— To do —
Transcribe the listing below only from the line with "-- ===== src/Base/Int.antt" up to and including the line with "-- (size_t)z".

=== Section Start ===

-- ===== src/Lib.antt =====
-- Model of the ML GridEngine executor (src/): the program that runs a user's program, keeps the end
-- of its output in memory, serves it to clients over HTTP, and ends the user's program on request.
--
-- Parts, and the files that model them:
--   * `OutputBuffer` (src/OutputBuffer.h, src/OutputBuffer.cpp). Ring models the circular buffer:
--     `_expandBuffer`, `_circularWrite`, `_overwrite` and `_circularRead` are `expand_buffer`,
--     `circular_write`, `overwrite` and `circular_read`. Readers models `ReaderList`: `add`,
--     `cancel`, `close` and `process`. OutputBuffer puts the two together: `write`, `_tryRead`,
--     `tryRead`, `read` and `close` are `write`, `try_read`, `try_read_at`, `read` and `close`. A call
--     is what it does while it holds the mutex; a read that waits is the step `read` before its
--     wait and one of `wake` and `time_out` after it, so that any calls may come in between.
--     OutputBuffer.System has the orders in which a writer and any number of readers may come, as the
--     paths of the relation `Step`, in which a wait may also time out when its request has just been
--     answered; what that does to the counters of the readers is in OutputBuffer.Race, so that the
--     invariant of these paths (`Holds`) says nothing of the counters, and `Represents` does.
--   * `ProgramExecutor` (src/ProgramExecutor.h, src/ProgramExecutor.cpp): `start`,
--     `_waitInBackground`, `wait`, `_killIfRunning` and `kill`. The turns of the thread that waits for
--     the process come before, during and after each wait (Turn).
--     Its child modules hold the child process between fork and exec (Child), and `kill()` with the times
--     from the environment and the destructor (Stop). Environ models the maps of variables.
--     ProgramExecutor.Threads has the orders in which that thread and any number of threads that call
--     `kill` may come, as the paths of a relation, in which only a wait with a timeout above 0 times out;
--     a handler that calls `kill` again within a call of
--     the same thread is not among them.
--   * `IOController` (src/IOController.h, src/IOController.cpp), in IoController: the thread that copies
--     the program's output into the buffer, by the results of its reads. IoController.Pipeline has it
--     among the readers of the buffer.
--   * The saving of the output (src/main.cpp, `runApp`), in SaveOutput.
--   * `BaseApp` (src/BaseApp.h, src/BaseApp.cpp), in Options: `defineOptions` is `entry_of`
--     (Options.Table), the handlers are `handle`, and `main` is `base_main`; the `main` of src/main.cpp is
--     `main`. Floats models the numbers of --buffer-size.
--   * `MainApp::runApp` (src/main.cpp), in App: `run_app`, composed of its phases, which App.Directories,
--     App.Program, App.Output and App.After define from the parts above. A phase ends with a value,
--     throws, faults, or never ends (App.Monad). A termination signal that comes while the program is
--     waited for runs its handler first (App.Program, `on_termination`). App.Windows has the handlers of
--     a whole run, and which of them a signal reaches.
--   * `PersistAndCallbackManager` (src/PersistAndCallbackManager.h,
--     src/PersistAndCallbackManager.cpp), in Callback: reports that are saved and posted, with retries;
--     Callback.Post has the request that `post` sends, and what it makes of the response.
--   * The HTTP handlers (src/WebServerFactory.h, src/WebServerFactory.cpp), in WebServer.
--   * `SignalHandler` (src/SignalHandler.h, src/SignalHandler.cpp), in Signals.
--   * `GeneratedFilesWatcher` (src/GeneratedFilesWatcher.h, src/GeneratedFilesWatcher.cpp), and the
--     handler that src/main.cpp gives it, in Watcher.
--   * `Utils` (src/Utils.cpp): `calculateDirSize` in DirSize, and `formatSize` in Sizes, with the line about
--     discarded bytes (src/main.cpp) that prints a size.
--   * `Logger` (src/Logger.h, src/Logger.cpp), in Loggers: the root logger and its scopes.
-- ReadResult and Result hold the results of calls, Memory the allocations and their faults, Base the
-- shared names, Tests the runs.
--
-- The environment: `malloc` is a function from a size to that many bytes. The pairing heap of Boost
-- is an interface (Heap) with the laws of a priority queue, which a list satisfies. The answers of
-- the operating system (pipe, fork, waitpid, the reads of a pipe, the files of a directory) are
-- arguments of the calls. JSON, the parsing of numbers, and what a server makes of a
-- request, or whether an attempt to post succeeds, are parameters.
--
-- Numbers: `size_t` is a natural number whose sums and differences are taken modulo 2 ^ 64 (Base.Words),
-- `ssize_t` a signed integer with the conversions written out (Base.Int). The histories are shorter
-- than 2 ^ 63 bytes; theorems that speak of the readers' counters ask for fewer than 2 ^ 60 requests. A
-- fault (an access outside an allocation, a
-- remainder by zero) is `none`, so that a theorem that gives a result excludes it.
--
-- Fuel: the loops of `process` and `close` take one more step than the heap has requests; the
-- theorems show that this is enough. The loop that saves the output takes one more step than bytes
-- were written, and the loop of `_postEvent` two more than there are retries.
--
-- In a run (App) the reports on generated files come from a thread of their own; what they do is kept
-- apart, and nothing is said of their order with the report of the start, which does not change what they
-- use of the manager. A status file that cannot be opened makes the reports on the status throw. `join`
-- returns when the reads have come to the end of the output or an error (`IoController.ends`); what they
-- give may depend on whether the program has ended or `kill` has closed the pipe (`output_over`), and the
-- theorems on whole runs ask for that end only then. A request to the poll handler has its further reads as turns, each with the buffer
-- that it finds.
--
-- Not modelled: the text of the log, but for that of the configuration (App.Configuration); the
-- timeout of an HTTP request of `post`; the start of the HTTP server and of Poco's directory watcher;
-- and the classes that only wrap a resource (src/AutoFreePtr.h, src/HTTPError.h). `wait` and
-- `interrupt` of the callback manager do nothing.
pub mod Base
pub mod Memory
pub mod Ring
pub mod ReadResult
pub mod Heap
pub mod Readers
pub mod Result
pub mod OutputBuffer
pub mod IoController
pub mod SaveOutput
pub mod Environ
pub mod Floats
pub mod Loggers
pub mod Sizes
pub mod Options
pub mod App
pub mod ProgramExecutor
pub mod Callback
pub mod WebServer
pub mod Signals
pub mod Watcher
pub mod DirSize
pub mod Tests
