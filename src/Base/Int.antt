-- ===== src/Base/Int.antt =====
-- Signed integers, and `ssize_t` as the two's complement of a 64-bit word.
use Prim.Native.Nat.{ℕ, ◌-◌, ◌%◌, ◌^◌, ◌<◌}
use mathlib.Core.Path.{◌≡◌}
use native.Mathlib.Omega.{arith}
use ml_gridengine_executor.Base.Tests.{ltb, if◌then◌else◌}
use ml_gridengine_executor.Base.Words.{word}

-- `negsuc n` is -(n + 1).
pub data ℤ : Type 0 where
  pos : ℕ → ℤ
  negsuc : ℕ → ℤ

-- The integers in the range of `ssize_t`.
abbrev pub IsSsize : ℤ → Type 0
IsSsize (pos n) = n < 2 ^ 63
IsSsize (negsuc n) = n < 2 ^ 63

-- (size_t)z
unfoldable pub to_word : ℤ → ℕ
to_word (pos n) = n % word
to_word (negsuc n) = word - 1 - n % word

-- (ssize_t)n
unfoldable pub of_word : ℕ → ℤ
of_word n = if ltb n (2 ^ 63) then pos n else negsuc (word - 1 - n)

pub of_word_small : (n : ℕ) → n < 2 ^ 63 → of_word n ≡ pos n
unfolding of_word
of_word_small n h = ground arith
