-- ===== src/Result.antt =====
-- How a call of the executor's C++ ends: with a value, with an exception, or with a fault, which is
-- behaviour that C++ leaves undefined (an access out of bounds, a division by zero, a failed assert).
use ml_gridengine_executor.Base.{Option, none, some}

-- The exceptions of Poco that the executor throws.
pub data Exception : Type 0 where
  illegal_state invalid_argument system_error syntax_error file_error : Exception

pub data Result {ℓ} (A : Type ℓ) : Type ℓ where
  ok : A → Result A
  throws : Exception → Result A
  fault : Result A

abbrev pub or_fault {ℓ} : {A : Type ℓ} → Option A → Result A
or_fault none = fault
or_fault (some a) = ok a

=== Section End ===

— Solution to this exercise —
-- ===== src/Base/Int.antt =====
-- Signed integers, and `ssize_t` as the two's complement of a 64-bit word.
use Prim.Native.Nat.{ℕ, ◌-◌, ◌%◌, ◌^◌, ◌<◌}
use mathlib.Core.Path.{◌≡◌}
use native.Mathlib.Omega.{arith}
use ml_gridengine_executor.Base.Tests.{ltb, if◌then◌else◌}
use ml_gridengine_executor.Base.Words.{word}

-- `negsuc n` is -(n + 1).
pub data ℤ : Type 0 where
  pos : ℕ → ℤ
  negsuc : ℕ → ℤ

-- The integers in the range of `ssize_t`.
abbrev pub IsSsize : ℤ → Type 0
IsSsize (pos n) = n < 2 ^ 63
IsSsize (negsuc n) = n < 2 ^ 63

-- (size_t)z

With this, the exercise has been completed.